Information:

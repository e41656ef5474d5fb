-- ===== src/Listener/Interface/Hosts.antt =====
-- listener/interfaces.go: a server whose Serve and StartListener call Listen first, as the four servers do.
use gopher_socks.Common.{
  ℕ, ◌≡◌, ◌≢◌, refl, sym, ap, ◌∙◌, Option, none, some, true, false, Option-cases, inl, inr,
}
use gopher_socks.Errors.{Error, sentinel, server_stopped}
use gopher_socks.Listener.Server as Srv
use gopher_socks.Listener.Server.{SessionRef, Server, World, enter, stop_to_wait}
use gopher_socks.Listener.Lifecycle.{started, bound}
use gopher_socks.Listener.Interface.{Listener, IsListener}

-- What Listen does to a server, and what the rest of Serve does once nothing may enter.
pub record IsHost {Env S : Type 0} (server_of : S → Server) (bound_to : S → Option ℕ)
    (listen : Env → S → Option Error × S) (rest : Env → S → Option (Option Error) × S)
    : Type 0 where
  pub once : (env : Env) (s : S) (n : ℕ) → bound_to s ≡ some n → listen env s ≡ (none, s)
  pub binds : (env : Env) (s : S) → (listen env s).0 ≡ none → bound_to (listen env s).1 ≢ none
  pub unbound : (env : Env) (s : S) (e : Error) → (listen env s).0 ≡ some e → (listen env s).1 ≡ s
  pub same_server : (env : Env) (s : S) → server_of (listen env s).1 ≡ server_of s
  pub refuses :
      (env : Env) (s : S)
      → enter (server_of s) ≡ (false, server_of s)
      → rest env s ≡ (some (some (sentinel server_stopped)), s)

module _ {Env S : Type 0} (server_of : S → Server) (bound_to : S → Option ℕ)
    (listen : Env → S → Option Error × S) (rest : Env → S → Option (Option Error) × S)
    (host : IsHost server_of bound_to listen rest) where
  failed : (env : Env) (s : S) (e : Error) → (listen env s).0 ≡ some e → listen env s ≡ (some e, s)
  failed env s e h = λ i. (h i, host.unbound env s e h i)

  succeeded :
      (env : Env) (s : S) → (listen env s).0 ≡ none → listen env s ≡ (none, (listen env s).1)
  succeeded env s h = λ i. (h i, (listen env s).1)

  again :
      (env : Env) (s : S)
      → (listen env s).0 ≡ none
      → listen env (listen env s).1 ≡ (none, (listen env s).1)
  again env s h = elim (Option-cases (bound_to (listen env s).1)) [
    | inl gone ↦ absurd (host.binds env s h gone)
    | inr (n, q) ↦ host.once env (listen env s).1 n q
  ]

  abbrev serve : Env → S → Option (Option Error) × S
  serve env s = bound (rest env) (listen env s)

  serves_unbound :
      (env : Env) (s : S) (e : Error) → (listen env s).0 ≡ some e → serve env s ≡ (some (some e), s)
  serves_unbound env s e h = ap (bound (rest env)) (failed env s e h)

  serves_bound :
      (env : Env) (s : S) → (listen env s).0 ≡ none → serve env s ≡ serve env (listen env s).1
  serves_bound env s h =
      ap (bound (rest env)) (succeeded env s h) ∙ sym (ap (bound (rest env)) (again env s h))

  serves_stopped :
      (env : Env) (s : S) (n : ℕ)
      → bound_to s ≡ some n
      → enter (server_of s) ≡ (false, server_of s)
      → serve env s ≡ (some (some (sentinel server_stopped)), s)
  serves_stopped env s n q no_entry =
      ap (bound (rest env)) (host.once env s n q) ∙ host.refuses env s no_entry

  starts_error :
      (env : Env) (s : S) (e : Error)
      → (listen env s).0 ≡ some e
      → started (listen env s) ≡ (some e, false, s)
  starts_error env s e h = ap started (failed env s e h)

  starts_served :
      (env : Env) (s : S)
      → (listen env s).0 ≡ none
      → started (listen env s) ≡ (none, true, (listen env s).1)
  starts_served env s h = ap started (succeeded env s h)

  -- With a StopListener that runs `stop` up to its wait and leaves the listener set, they have the laws.
  module _ (stop_listener : Env → S → Option Error × S) (announce : Option ℕ → ℕ → S → S) where
    abbrev listener : Listener Env S
    listener = record {
      server_of = server_of;
      bound_to = bound_to;
      listen = listen;
      serve = serve;
      start_listener = λ env s. started (listen env s);
      stop_listener = stop_listener;
      set_announce_new_session = announce;
      get_active_sessions = λ s. Srv.get_active_sessions (server_of s);
      get_session = λ s. Srv.get_session (server_of s);
    }

    pub listener-IsListener :
        ((env : Env) (s : S)
          → (w : World) × ((w.server ≡ server_of s)
              × (server_of (stop_listener env s).1 ≡ (stop_to_wait w).server)))
        → ((env : Env) (s : S) → bound_to (stop_listener env s).1 ≡ bound_to s)
        → IsListener listener
    unfolding Srv.get_session Srv.get_active_sessions
    listener-IsListener stops stays = record {
      listens_once = host.once;
      binds = host.binds;
      stays_unbound = host.unbound;
      listen_sessions = host.same_server;
      serve_unbound = serves_unbound;
      serve_bound = serves_bound;
      serve_stopped = serves_stopped;
      start_error = starts_error;
      start_served = starts_served;
      stops = stops;
      stays_bound = stays;
      found_active = λ s k. refl;
    }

Exercise goal: Go through the entries above, and wherever a line holds the word "true", copy that line.

Output:
  ℕ, ◌≡◌, ◌≢◌, refl, sym, ap, ◌∙◌, Option, none, some, true, false, Option-cases, inl, inr,
      → started (listen env s) ≡ (none, true, (listen env s).1)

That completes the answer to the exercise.